▶ [TASK OBJECTIVE]: Search the records for the string "aegify", then copy each line where it appears.

(Saved data entries)
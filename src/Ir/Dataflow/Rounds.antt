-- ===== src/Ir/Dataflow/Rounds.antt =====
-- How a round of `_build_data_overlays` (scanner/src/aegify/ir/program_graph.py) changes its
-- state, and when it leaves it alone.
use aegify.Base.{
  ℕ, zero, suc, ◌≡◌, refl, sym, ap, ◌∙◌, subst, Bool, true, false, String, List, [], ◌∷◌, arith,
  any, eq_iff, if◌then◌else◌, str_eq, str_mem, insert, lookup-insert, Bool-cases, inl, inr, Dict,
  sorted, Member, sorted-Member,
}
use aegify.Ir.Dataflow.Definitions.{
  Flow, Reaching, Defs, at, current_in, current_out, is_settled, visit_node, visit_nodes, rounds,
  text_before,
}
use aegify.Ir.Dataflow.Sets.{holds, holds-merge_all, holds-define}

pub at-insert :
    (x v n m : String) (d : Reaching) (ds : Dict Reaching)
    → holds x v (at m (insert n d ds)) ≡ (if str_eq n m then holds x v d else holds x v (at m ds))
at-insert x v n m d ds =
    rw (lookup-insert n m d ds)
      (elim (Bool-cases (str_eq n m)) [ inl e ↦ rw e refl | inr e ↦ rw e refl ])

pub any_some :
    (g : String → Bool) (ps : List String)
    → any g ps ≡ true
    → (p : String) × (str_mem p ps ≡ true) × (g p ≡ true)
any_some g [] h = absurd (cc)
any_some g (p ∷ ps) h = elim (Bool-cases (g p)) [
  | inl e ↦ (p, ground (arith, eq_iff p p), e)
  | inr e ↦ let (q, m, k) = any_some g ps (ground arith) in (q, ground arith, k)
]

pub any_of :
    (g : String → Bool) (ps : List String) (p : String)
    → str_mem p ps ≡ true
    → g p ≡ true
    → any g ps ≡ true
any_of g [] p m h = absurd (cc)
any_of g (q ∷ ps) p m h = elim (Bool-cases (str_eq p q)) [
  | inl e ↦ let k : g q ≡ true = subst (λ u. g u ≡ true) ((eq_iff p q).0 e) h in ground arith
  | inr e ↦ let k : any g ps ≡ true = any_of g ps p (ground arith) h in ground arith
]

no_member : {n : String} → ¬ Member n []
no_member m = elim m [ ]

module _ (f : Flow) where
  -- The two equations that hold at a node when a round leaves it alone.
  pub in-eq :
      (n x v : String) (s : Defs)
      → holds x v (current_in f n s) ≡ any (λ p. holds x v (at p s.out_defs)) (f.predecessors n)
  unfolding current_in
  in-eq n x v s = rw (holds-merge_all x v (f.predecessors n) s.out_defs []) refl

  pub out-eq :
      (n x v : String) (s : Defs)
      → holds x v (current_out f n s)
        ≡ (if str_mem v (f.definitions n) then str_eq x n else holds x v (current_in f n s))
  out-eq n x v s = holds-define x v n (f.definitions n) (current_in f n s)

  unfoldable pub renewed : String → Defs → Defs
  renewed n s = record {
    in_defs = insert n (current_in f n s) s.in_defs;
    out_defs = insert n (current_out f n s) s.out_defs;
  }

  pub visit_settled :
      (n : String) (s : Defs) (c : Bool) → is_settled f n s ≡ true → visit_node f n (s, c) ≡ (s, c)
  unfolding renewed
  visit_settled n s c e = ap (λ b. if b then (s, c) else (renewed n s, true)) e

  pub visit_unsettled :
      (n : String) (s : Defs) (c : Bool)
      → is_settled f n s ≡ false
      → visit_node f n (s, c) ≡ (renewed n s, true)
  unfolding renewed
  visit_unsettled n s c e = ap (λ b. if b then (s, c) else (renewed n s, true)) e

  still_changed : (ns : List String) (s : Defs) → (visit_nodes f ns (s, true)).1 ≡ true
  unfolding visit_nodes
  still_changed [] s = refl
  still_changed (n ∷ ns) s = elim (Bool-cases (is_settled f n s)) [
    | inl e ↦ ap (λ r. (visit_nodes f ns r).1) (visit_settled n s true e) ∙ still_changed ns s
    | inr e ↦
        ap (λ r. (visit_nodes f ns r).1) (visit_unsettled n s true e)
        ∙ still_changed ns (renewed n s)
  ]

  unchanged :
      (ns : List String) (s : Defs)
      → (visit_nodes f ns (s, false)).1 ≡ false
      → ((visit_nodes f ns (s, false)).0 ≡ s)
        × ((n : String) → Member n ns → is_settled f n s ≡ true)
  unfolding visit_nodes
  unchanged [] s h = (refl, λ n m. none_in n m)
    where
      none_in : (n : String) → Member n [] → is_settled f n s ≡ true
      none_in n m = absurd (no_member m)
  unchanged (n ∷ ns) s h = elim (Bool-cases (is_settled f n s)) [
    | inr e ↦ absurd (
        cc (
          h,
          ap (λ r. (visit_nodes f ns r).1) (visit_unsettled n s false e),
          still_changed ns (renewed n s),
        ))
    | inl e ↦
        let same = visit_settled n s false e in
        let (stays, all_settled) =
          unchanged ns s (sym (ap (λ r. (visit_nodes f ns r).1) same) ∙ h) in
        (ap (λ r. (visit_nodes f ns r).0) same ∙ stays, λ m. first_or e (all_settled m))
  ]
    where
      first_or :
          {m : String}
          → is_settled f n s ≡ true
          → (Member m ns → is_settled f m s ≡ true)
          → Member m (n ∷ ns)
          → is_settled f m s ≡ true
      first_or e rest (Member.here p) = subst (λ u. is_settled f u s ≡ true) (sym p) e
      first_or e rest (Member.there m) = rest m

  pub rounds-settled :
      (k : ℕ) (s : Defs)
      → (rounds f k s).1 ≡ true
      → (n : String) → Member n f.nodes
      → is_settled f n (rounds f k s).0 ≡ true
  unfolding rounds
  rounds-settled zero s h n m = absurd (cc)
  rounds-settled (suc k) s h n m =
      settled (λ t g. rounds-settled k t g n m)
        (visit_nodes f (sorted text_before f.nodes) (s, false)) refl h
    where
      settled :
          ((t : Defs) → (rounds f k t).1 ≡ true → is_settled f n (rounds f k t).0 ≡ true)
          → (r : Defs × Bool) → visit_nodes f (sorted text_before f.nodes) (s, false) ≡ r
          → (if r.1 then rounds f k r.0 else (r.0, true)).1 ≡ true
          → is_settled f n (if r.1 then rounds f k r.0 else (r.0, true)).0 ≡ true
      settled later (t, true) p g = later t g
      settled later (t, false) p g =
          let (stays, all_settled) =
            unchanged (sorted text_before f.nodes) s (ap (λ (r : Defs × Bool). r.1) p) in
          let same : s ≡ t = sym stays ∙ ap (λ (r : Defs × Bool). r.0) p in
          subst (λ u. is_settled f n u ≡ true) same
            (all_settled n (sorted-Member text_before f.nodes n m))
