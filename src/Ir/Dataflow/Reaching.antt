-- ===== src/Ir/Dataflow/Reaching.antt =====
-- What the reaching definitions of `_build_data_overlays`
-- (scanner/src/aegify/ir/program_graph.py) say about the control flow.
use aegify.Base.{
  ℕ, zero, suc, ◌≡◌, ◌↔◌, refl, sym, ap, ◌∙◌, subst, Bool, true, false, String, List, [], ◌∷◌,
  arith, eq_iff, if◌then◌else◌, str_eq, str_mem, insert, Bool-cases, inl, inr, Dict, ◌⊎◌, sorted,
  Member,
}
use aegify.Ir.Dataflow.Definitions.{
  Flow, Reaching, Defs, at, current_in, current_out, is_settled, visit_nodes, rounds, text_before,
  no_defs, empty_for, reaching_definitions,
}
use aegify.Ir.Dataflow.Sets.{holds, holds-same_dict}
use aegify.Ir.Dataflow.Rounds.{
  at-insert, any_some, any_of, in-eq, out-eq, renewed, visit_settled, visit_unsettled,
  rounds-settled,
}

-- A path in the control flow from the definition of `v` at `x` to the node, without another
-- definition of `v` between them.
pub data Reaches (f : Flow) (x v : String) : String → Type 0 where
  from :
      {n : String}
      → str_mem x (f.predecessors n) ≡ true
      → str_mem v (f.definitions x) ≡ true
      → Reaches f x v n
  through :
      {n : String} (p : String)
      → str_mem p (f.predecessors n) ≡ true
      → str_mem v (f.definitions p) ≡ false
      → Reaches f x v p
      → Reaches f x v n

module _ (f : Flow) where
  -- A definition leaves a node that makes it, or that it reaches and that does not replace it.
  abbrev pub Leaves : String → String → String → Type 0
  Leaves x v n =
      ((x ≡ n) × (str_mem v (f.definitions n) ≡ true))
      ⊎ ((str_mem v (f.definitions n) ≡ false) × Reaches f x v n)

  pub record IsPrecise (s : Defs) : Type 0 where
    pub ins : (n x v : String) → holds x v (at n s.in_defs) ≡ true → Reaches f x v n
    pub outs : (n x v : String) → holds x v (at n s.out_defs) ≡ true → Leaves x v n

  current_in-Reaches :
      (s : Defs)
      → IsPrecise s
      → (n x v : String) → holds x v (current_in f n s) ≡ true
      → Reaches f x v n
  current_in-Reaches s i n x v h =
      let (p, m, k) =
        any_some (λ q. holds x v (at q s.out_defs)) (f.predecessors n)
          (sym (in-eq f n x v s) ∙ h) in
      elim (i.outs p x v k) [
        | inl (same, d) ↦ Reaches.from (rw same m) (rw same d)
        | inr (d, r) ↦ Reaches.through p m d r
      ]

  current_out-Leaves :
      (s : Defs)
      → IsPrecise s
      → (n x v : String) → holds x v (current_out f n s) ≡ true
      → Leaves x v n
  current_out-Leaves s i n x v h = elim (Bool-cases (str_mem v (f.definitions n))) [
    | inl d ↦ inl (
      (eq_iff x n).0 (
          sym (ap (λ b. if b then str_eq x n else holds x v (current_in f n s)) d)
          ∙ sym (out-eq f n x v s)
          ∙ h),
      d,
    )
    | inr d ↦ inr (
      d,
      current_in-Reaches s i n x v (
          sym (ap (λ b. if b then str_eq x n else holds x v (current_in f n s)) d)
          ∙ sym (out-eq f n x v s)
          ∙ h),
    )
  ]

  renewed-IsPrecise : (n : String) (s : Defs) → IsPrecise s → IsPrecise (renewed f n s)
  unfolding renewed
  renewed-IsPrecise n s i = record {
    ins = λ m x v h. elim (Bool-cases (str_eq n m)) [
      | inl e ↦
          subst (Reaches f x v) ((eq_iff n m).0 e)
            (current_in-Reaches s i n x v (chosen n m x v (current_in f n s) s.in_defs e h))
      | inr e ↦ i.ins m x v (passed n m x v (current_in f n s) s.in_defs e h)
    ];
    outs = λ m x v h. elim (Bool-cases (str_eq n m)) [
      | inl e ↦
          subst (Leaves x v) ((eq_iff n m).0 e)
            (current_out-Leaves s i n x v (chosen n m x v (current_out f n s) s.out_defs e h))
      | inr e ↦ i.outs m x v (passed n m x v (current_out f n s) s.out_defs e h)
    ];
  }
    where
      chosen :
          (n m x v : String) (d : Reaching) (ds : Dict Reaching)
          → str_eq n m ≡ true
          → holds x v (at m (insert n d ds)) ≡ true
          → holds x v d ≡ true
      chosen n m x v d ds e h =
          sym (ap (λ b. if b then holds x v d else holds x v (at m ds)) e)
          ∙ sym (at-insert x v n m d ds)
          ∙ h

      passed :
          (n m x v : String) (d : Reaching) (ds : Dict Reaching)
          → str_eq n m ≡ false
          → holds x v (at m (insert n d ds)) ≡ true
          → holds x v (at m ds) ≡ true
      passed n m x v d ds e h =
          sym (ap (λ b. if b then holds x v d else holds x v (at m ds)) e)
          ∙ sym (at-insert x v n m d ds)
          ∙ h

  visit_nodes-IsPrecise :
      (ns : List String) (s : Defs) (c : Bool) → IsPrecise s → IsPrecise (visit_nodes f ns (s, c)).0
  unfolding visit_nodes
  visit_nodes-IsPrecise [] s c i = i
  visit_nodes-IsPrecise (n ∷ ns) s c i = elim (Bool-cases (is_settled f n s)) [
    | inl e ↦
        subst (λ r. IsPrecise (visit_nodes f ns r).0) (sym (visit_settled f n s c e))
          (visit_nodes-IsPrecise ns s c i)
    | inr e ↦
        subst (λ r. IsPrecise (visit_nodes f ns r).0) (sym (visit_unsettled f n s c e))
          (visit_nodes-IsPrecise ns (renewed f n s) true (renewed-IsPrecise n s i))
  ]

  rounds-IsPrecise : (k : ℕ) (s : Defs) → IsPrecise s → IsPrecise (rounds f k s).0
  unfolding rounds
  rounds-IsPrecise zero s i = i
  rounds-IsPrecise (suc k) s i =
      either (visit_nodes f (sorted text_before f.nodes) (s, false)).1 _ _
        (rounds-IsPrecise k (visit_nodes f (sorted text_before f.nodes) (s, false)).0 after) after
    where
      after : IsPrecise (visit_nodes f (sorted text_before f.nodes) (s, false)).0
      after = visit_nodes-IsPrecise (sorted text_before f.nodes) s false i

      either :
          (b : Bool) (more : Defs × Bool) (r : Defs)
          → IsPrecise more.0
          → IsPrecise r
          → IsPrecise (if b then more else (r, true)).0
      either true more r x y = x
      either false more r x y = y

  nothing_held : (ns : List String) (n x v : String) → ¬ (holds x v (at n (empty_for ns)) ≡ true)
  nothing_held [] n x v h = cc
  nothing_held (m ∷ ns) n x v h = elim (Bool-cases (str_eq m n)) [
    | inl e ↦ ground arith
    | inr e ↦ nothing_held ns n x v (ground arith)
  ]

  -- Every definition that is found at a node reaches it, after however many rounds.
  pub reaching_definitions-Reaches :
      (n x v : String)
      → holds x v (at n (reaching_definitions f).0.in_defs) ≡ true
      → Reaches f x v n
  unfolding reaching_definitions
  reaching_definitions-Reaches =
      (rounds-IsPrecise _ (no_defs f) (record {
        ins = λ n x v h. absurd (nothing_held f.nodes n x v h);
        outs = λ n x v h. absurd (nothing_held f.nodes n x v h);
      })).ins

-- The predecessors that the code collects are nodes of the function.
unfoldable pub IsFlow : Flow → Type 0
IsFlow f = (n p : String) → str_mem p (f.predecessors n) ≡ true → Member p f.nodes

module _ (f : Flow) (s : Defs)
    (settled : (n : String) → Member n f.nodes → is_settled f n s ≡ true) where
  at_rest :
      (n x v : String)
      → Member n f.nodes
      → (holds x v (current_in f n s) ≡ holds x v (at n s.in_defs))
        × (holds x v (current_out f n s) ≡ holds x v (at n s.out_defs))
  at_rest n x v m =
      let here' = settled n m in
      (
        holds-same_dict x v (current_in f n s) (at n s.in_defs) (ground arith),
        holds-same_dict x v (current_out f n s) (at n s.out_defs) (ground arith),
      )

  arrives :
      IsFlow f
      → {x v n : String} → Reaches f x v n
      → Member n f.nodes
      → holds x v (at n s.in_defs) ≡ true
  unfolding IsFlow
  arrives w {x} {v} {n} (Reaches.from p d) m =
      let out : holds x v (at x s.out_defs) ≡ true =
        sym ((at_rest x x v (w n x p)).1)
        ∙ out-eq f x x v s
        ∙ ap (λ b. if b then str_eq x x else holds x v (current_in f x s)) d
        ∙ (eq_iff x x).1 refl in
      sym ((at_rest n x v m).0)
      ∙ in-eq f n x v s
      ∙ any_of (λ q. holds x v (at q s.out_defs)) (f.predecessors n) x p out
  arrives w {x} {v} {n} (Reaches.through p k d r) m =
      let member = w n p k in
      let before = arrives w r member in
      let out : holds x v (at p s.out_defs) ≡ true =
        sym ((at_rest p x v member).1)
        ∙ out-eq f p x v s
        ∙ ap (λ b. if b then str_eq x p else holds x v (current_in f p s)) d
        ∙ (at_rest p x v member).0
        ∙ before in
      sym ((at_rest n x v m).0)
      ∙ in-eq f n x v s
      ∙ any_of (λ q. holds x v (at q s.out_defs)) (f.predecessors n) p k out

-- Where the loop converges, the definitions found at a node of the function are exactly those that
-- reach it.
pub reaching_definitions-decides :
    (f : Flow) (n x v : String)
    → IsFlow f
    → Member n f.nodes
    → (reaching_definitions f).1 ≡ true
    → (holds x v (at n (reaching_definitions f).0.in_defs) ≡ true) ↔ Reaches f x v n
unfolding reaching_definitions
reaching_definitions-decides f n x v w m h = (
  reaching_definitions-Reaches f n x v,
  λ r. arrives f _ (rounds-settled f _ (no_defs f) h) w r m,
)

▶ [TASK SOLUTION]:
-- How a round of `_build_data_overlays` (scanner/src/aegify/ir/program_graph.py) changes its
use aegify.Base.{
use aegify.Ir.Dataflow.Definitions.{
use aegify.Ir.Dataflow.Sets.{holds, holds-merge_all, holds-define}
-- (scanner/src/aegify/ir/program_graph.py) say about the control flow.
use aegify.Base.{
use aegify.Ir.Dataflow.Definitions.{
use aegify.Ir.Dataflow.Sets.{holds, holds-same_dict}
use aegify.Ir.Dataflow.Rounds.{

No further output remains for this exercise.